Segment Start: Excerpted data

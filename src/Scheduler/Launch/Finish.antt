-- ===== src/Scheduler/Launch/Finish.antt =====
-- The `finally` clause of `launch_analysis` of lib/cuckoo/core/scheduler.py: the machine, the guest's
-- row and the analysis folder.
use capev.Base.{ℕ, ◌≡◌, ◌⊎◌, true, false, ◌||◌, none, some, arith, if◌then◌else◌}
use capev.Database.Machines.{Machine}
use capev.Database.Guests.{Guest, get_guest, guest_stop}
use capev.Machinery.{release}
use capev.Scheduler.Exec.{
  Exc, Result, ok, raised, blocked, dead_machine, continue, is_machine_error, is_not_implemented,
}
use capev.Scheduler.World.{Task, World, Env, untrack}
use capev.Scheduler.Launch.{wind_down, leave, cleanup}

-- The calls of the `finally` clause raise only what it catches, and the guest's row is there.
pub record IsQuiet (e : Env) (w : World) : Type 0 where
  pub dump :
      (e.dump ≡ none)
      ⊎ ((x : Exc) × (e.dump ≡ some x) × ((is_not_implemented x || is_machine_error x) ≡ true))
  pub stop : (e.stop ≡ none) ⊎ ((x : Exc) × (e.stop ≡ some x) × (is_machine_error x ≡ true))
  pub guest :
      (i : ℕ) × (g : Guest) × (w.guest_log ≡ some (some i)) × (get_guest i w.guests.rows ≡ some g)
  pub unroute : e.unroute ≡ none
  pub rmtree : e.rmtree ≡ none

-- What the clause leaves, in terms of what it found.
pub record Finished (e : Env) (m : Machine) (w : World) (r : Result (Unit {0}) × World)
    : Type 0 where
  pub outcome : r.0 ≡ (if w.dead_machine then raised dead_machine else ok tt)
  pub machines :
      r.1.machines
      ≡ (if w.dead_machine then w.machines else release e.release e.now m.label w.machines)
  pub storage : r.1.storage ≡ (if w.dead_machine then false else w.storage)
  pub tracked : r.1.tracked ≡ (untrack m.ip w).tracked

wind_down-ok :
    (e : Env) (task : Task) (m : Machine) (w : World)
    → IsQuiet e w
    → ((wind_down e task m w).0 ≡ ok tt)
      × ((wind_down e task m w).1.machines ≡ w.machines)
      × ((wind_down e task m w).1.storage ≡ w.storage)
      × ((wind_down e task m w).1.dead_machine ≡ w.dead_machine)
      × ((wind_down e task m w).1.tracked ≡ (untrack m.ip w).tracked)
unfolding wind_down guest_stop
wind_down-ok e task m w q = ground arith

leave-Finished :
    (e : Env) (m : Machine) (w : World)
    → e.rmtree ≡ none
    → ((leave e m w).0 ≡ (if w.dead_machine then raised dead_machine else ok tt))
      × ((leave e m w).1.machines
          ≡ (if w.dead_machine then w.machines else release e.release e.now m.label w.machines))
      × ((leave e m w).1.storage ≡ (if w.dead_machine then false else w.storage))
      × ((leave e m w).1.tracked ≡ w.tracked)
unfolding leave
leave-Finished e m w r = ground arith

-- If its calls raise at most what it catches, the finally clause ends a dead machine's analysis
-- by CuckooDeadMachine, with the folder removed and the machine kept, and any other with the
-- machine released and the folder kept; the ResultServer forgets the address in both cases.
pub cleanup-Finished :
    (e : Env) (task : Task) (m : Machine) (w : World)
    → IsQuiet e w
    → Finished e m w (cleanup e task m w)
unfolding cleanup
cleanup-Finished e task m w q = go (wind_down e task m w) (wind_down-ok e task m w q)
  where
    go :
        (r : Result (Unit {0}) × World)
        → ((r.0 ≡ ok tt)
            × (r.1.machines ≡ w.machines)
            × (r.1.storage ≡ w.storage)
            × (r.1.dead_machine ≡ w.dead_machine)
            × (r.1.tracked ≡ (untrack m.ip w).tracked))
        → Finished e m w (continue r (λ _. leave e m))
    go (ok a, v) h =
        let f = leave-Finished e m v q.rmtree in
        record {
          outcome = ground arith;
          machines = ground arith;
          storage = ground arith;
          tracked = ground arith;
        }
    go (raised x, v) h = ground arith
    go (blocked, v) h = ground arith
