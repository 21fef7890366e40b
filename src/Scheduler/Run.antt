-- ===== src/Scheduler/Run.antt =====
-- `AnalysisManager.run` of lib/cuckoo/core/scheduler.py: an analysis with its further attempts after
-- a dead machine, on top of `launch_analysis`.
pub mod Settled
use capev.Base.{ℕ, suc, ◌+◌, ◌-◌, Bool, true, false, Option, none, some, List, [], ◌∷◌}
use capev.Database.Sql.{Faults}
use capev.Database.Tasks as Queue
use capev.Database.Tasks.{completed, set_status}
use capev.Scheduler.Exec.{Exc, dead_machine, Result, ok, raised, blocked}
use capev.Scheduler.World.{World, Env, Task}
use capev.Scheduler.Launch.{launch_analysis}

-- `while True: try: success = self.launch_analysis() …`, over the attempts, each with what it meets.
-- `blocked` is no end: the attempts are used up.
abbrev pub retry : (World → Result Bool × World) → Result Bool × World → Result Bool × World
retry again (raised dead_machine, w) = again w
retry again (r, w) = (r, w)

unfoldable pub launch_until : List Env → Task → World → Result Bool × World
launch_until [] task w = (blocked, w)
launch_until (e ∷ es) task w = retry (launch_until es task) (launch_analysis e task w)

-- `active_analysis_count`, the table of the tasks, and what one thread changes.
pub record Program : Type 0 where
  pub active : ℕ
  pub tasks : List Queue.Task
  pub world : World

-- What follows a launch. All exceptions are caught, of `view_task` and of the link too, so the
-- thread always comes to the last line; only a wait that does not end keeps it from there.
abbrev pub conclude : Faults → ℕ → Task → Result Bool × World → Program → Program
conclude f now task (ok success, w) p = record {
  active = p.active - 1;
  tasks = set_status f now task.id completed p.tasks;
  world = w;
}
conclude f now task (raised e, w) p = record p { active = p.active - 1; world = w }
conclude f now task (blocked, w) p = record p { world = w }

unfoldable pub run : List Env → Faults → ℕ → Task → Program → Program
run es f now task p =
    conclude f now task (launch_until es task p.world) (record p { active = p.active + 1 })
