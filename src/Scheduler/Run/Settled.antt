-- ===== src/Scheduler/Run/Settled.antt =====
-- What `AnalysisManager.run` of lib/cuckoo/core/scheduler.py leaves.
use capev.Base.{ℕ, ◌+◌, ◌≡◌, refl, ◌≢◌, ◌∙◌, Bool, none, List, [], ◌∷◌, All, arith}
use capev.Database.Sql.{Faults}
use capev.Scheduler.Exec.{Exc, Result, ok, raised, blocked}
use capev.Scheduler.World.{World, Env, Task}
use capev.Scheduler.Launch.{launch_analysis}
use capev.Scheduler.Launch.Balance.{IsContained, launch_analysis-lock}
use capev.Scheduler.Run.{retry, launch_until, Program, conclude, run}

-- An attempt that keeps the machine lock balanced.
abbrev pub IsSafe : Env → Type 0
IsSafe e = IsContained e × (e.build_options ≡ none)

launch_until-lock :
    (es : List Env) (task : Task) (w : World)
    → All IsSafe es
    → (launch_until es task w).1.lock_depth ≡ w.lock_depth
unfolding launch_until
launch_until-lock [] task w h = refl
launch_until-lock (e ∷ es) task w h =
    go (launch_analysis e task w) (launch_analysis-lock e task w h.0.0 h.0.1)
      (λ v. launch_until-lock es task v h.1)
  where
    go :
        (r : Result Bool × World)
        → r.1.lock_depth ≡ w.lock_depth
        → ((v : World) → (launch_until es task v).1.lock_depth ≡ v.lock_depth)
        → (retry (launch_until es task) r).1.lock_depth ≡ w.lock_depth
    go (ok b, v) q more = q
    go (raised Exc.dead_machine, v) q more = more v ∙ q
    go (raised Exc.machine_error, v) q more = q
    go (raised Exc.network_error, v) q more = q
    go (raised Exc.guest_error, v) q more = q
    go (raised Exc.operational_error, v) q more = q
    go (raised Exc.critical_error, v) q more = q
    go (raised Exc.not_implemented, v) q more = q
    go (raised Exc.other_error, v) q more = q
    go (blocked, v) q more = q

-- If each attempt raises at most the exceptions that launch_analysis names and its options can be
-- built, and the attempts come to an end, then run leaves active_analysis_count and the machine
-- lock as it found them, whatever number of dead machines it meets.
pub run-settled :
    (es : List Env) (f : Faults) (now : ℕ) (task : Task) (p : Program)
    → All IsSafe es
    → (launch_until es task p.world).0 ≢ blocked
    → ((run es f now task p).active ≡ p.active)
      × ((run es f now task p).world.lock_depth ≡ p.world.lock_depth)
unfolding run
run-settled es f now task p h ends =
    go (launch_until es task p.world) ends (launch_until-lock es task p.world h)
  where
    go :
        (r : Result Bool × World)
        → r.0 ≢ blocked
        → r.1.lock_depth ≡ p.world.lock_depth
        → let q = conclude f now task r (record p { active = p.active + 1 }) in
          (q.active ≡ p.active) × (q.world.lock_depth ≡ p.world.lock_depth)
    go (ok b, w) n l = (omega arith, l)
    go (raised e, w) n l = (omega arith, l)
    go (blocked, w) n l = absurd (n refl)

Segment End: Excerpted data

- _Your assignment_
Reply with the count alone: how many lines of the records contain the string "that"?

- _Exercise result_
3